Stored items:
══════════

-- ===== src/Routes/Links.antt =====
-- The links that the sidebar offers lead to pages that their users may see.
use mathlib.Core.List.{Mem}
use mathlib.Core.Bool.{false≢true}
use hybrid_quantum_cryptogra.Prelude.{
  ◌≡◌, refl, Bool, true, false, Option, none, some, List, [], ◌∷◌, ◌++◌, every, every_sound,
  Option-cases, inl, inr, ◌∙◌,
}
use hybrid_quantum_cryptogra.Js.{
  Text, lit, text_eq, includes, to_lower_case, Property, own, inherited, absent, get_property,
  own_entry, is_empty, ok, ok-injective,
}
use hybrid_quantum_cryptogra.Roles.{User, truthy, user_role}
use hybrid_quantum_cryptogra.Session.{Auth}
use hybrid_quantum_cryptogra.ProtectedRoute.{page, protected_route}
use hybrid_quantum_cryptogra.ProtectedRoute.Admission.{MayEnter, protected_route-eq-page_iff}
use hybrid_quantum_cryptogra.Navigation.Items.{NavLink, NavItem, links_of}
use hybrid_quantum_cryptogra.Navigation.Config.{common_navigation}
use hybrid_quantum_cryptogra.Navigation.{navigation_config, with_common, get_navigation_for_role}
use hybrid_quantum_cryptogra.Routes.Items.{Guard, Route, unguarded, guest_only, layout, layout_for}
use hybrid_quantum_cryptogra.Routes.{
  routes, find_route, Router, shows, guarded_screen, screen_of_view, screen,
}
use hybrid_quantum_cryptogra.Routes.Screens.{screen_listed}

-- A route that lets the role in, if the layout does.
admits : Text → Guard → Bool
admits role unguarded = true
admits role guest_only = false
admits role layout = true
admits role (layout_for roles) = includes roles role

lands : Text → NavLink → Bool
lands role l = elim (find_route routes l.path) [ none ↦ false | some r ↦ admits role r.guard ]

abbrev all_land : Text → List NavItem → Bool
all_land role items = every (lands role) (links_of items)

config_lands :
    every (λ entry. all_land entry.0 (entry.1 ++ common_navigation)) navigation_config ≡ true
unfolding every links_of navigation_config lands admits find_route routes includes text_eq lit
config_lands = refl

common_lands : (role : Text) → all_land role common_navigation ≡ true
unfolding every links_of navigation_config lands admits find_route routes includes text_eq lit
common_lands role = refl

found_lands :
    (role : Text) (found : Property (List NavItem)) {items : List NavItem}
    → get_property role navigation_config ≡ found
    → with_common found ≡ ok items
    → all_land role items ≡ true
unfolding with_common
found_lands role (own section) e h =
    let same : section ++ common_navigation ≡ _ = ok-injective h in
    rw (← same) (
      own_entry (λ (key : Text) (s : List NavItem). all_land key (s ++ common_navigation)) role
        navigation_config config_lands e)
found_lands role inherited e h = cc
found_lands role absent e h = rw (← ok-injective h) (common_lands role)

navigation_lands :
    (role : Text) (items : List NavItem)
    → to_lower_case role ≡ role
    → get_navigation_for_role (some role) ≡ ok items
    → all_land role items ≡ true
unfolding get_navigation_for_role truthy is_empty links_of every
navigation_lands [] items lower e = rw (← ok-injective e)
navigation_lands (c ∷ s) items lower e = found_lands (c ∷ s) _ refl (rw lower at e)

MayEnter-of_includes :
    (roles : List Text) (user : Option User) (role : Text)
    → user_role user ≡ some role
    → includes roles role ≡ true
    → MayEnter roles user
MayEnter-of_includes [] user role named h = tt
MayEnter-of_includes (r ∷ rs) user role named h = (role, named, h)

protected_route-more :
    (auth : Auth) (roles : List Text) (pathname role : Text)
    → protected_route auth [] pathname ≡ page
    → user_role auth.user ≡ some role
    → includes roles role ≡ true
    → protected_route auth roles pathname ≡ page
protected_route-more auth roles pathname role seen named h =
    let (idle, authed, fresh, ready, _) = (protected_route-eq-page_iff auth [] pathname).0 seen in
    (protected_route-eq-page_iff auth roles pathname).1
      (idle, authed, fresh, ready, MayEnter-of_includes roles auth.user role named h)

admitted_screen :
    (auth : Auth) (pathname role : Text) (g : Guard) (component : Text)
    → protected_route auth [] pathname ≡ page
    → user_role auth.user ≡ some role
    → admits role g ≡ true
    → guarded_screen auth pathname g component ≡ shows component
unfolding guarded_screen admits screen_of_view
admitted_screen auth pathname role unguarded component seen named h = refl
admitted_screen auth pathname role guest_only component seen named h = cc
admitted_screen auth pathname role layout component seen named h = rw (seen, screen_of_view)
admitted_screen auth pathname role (layout_for roles) component seen named h = rw (
  seen,
  screen_of_view,
  protected_route-more auth roles pathname role seen named h,
  screen_of_view,
)

-- Whatever link the sidebar offers to a signed-in user in good standing, whose role is written in lower
-- case: the table of routes lists its path, and the first route that does shows its component to the user.
pub navigation-shows :
    (router : Router) (auth : Auth) (role : Text) (items : List NavItem) (l : NavLink)
    → protected_route auth [] l.path ≡ page
    → user_role auth.user ≡ some role
    → to_lower_case role ≡ role
    → get_navigation_for_role (some role) ≡ ok items
    → Mem l (links_of items)
    → (r : Route) × (find_route routes l.path ≡ some r)
      × (screen router auth l.path ≡ shows r.component)
unfolding lands
navigation-shows router auth role items l seen named lower offered listed =
    let landed : lands role l ≡ true =
      every_sound (lands role) (links_of items) (navigation_lands role items lower offered)
        listed in
    elim (Option-cases (find_route routes l.path)) [
      | inl missing ↦ absurd (false≢true (rw (missing, lands) at landed))
      | inr (r, found) ↦ (
        r,
        found,
        screen_listed router auth idle l.path r found
            ∙ admitted_screen auth l.path role r.guard r.component seen named
                (rw (found, lands) at landed),
      )
    ]
  where
    idle : auth.is_verifying_session ≡ false
    idle = ((protected_route-eq-page_iff auth [] l.path).0 seen).0
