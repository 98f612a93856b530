-- ===== src/System.antt =====
-- The program as a whole: what can happen to the world, one request or one task at a time.
pub mod Sound
pub mod Accounts
pub mod Tokens
pub mod Logs
pub mod Changes
pub mod JobRows
pub mod Jobs
pub mod JobActions
pub mod Steps
pub mod Creation
pub mod Reads
pub mod Sessions
pub mod Services
pub mod Tasks
pub mod Analysis
pub mod Cleaning
pub mod Requests
pub mod Routes
pub mod Seeding
pub mod Reachable
pub mod References
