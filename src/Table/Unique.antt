-- ===== src/Table/Unique.antt =====
-- Primary keys that come from a sequence, and unique indexes.
use loglens_api.Base.{
  ℕ, suc, ◌+◌, ◌≤◌, ◌≡◌, Bool, true, none, some, List, [], ◌∷◌, arith, length, All, inl, inr,
  Bool-cases, if◌then◌else◌,
}
use loglens_api.Table.{find_first, select_where, update_where, delete_where, insert_row}
use loglens_api.Table.Laws.{
  select_where-none, length-select_where-insert_row, length-select_where-update_where,
}

-- The ids of the rows increase from `low` on, and lie below the sequence's next one.
abbrev pub IsNumbered : {A : Type 0} → (A → ℕ) → ℕ → ℕ → List A → Type 0
IsNumbered id low next [] = low ≤ next
IsNumbered id low next (x ∷ xs) = (low ≤ id x) × IsNumbered id (suc (id x)) next xs

-- No two rows fit.
abbrev pub AtMostOne : {A : Type 0} → (A → Bool) → List A → Type 0
AtMostOne p xs = length (select_where p xs) ≤ 1

module _ {A : Type 0} (id : A → ℕ) where
  pub IsNumbered-later :
      (low next next' : ℕ) (xs : List A)
      → next ≤ next'
      → IsNumbered id low next xs
      → IsNumbered id low next' xs
  IsNumbered-later low next next' [] later h = omega arith
  IsNumbered-later low next next' (x ∷ xs) later h =
      (h.0, IsNumbered-later (suc (id x)) next next' xs later h.1)

  IsNumbered-lower :
      (low low' next : ℕ) (xs : List A)
      → low' ≤ low
      → IsNumbered id low next xs
      → IsNumbered id low' next xs
  IsNumbered-lower low low' next [] lower h = omega arith
  IsNumbered-lower low low' next (x ∷ xs) lower h = (omega (arith, h.0), h.1)

  pub IsNumbered-insert_row :
      (low next : ℕ) (x : A) (xs : List A)
      → id x ≡ next
      → IsNumbered id low next xs
      → IsNumbered id low (next + 1) (insert_row x xs)
  unfolding insert_row
  IsNumbered-insert_row low next x [] e h = (omega arith, omega arith)
  IsNumbered-insert_row low next x (y ∷ xs) e h =
      (h.0, IsNumbered-insert_row (suc (id y)) next x xs e h.1)

  pub IsNumbered-update_where :
      (p : A → Bool) (f : A → A) (low next : ℕ) (xs : List A)
      → ((x : A) → id (f x) ≡ id x)
      → IsNumbered id low next xs
      → IsNumbered id low next (update_where p f xs)
  unfolding update_where
  IsNumbered-update_where p f low next [] keeps h = h
  IsNumbered-update_where p f low next (x ∷ xs) keeps h = elim (Bool-cases (p x)) [
    | inl e ↦ rw (e, keeps x) (h.0, IsNumbered-update_where p f (suc (id x)) next xs keeps h.1)
    | inr e ↦ rw e (h.0, IsNumbered-update_where p f (suc (id x)) next xs keeps h.1)
  ]

  pub IsNumbered-delete_where :
      (p : A → Bool) (low next : ℕ) (xs : List A)
      → IsNumbered id low next xs
      → IsNumbered id low next (delete_where p xs)
  unfolding delete_where
  IsNumbered-delete_where p low next [] h = h
  IsNumbered-delete_where p low next (x ∷ xs) h = elim (Bool-cases (p x)) [
    | inl e ↦ rw e (
        IsNumbered-delete_where p low next xs
          (IsNumbered-lower (suc (id x)) low next xs (omega (arith, h.0)) h.1))
    | inr e ↦ rw e (h.0, IsNumbered-delete_where p (suc (id x)) next xs h.1)
  ]

module _ {A : Type 0} where
  -- A row is inserted where no other one fits, or it does not fit itself.
  pub AtMostOne-insert_row :
      (p : A → Bool) (x : A) (xs : List A)
      → (p x ≡ true → find_first p xs ≡ none)
      → AtMostOne p xs
      → AtMostOne p (insert_row x xs)
  AtMostOne-insert_row p x xs free h = elim (Bool-cases (p x)) [
    | inl fits ↦
        rw (length-select_where-insert_row p x xs, select_where-none p xs (free fits), fits)
          (omega arith)
    | inr out ↦ rw (length-select_where-insert_row p x xs, out) (omega (arith, h))
  ]

  pub AtMostOne-update_where :
      (q p : A → Bool) (f : A → A) (xs : List A)
      → ((x : A) → q (if p x then f x else x) ≡ q x)
      → AtMostOne q xs
      → AtMostOne q (update_where p f xs)
  AtMostOne-update_where q p f xs keeps h = rw (length-select_where-update_where q p f xs keeps) h

  -- What fits after an update, if the updated rows fit `r`.
  pub length-select_where-update_where-le :
      (q r p : A → Bool) (f : A → A) (xs : List A)
      → All (λ x. q (if p x then f x else x) ≡ true → r x ≡ true) xs
      → length (select_where q (update_where p f xs)) ≤ length (select_where r xs)
  unfolding select_where update_where
  length-select_where-update_where-le q r p f [] fits = omega arith
  length-select_where-update_where-le q r p f (x ∷ xs) fits =
      let rest = length-select_where-update_where-le q r p f xs fits.1 in
      elim (Bool-cases (q (if p x then f x else x))) [
        | inl e ↦ rw (e, fits.0 e) (omega (arith, rest))
        | inr e ↦ elim (Bool-cases (r x)) [
          | inl o ↦ rw (e, o) (omega (arith, rest))
          | inr o ↦ rw (e, o) rest
        ]
      ]

  no_row :
      (p : A → Bool) (x : A) (ys : List A)
      → length (select_where p ys) ≤ 0
      → All (λ y. p y ≡ true → y ≡ x) ys
  unfolding select_where
  no_row p x [] empty = tt
  no_row p x (y ∷ ys) empty = elim (Bool-cases (p y)) [
    | inl fits ↦ absurd (ground arith)
    | inr out ↦ (λ e. absurd (cc (e, out)), no_row p x ys (ground arith))
  ]

  -- A row that is found by a unique key is the only one with that key.
  pub only_row :
      (p : A → Bool) (xs : List A) {x : A}
      → find_first p xs ≡ some x
      → AtMostOne p xs
      → All (λ y. p y ≡ true → y ≡ x) xs
  unfolding find_first select_where
  only_row p [] found one = tt
  only_row p (y ∷ ys) {x} found one = elim (Bool-cases (p y)) [
    | inl fits ↦ (λ e. ground arith, no_row p x ys (ground arith))
    | inr out ↦ (λ e. absurd (cc (e, out)), only_row p ys (ground arith) (ground arith))
  ]
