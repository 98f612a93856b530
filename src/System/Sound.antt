-- ===== src/System/Sound.antt =====
-- What holds of the tables at all times: keys are unique, groups count their logs, at most one job of a
-- scope is active, and a task that was handed over has its job.
use loglens_api.Base.{ℕ, ◌≡◌, true, some, List, All}
use loglens_api.Text.{Text}
use loglens_api.Table.{find_first}
use loglens_api.Table.Unique.{IsNumbered, AtMostOne}
use loglens_api.Models.{User, RefreshToken, ErrorGroup, Log, BackgroundJob}
use loglens_api.Models.Enums.{BackgroundJobType}
use loglens_api.Effect.{Env, World, Db, Sequences, QueuedTask, bulk_ingestion, group_analysis}
use loglens_api.Repositories.Users.{has_email, is_some}
use loglens_api.Repositories.RefreshTokens.{has_jti_hash}
use loglens_api.Repositories.Jobs.{has_job_id, has_idempotency_key}
use loglens_api.Logs.Upserts.{GroupsAreUnique}
use loglens_api.Logs.Counting.{OccurrencesCoverLogs}
use loglens_api.Jobs.Create.{ScopesAreExclusive}

pub record UsersAreSound (next : ℕ) (users : List User) : Type 0 where
  pub ids : IsNumbered (λ u. u.id) 0 next users
  pub emails : (e : Text) → AtMostOne (has_email e) users

pub record TokensAreSound (next : ℕ) (tokens : List RefreshToken) : Type 0 where
  pub ids : IsNumbered (λ t. t.id) 0 next tokens
  pub hashes : (h : Text) → AtMostOne (has_jti_hash h) tokens

-- The groups and the logs, which refer to them.
pub record LogsAreSound (next_group next_log : ℕ) (groups : List ErrorGroup) (logs : List Log)
    : Type 0 where
  pub group_ids : IsNumbered (λ g. g.id) 0 next_group groups
  pub log_ids : IsNumbered (λ l. l.id) 0 next_log logs
  pub keys : GroupsAreUnique groups
  pub counts : OccurrencesCoverLogs logs groups

abbrev pub HasJob : Text → List BackgroundJob → Type 0
HasJob id jobs = is_some (find_first (has_job_id id) jobs) ≡ true

abbrev pub job_of : QueuedTask → Text
job_of (bulk_ingestion id) = id
job_of (group_analysis id) = id

pub record JobsAreSound (queue : List QueuedTask) (jobs : List BackgroundJob) : Type 0 where
  pub ids : (i : Text) → AtMostOne (has_job_id i) jobs
  pub keys : (t : BackgroundJobType) (k : Text) → AtMostOne (has_idempotency_key t (some k)) jobs
  pub scopes : ScopesAreExclusive jobs
  pub queued : All (λ t. HasJob (job_of t) jobs) queue

pub record DbIsSound (s : Sequences) (queue : List QueuedTask) (d : Db) : Type 0 where
  pub users : UsersAreSound s.next_user d.users
  pub tokens : TokensAreSound s.next_token d.refresh_tokens
  pub logs : LogsAreSound s.next_group s.next_log d.error_groups d.logs
  pub jobs : JobsAreSound queue d.background_jobs
  pub analyses : IsNumbered (λ a. a.id) 0 s.next_analysis d.error_analyses

-- Both views of the tables are sound, and no job that the session sees is unknown to the others.
abbrev pub IsSound : {env : Env} → World env → Type 0
IsSound w =
    DbIsSound w.sequences w.queue w.committed
    × DbIsSound w.sequences w.queue w.working
    × All (λ j. HasJob j.id w.committed.background_jobs) w.working.background_jobs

══════════

#### Activity
Pull out every line above that holds the word "keys".

#### Solution
-- Primary keys that come from a sequence, and unique indexes.
-- What holds of the tables at all times: keys are unique, groups count their logs, at most one job of a
  pub keys : GroupsAreUnique groups
  pub keys : (t : BackgroundJobType) (k : Text) → AtMostOne (has_idempotency_key t (some k)) jobs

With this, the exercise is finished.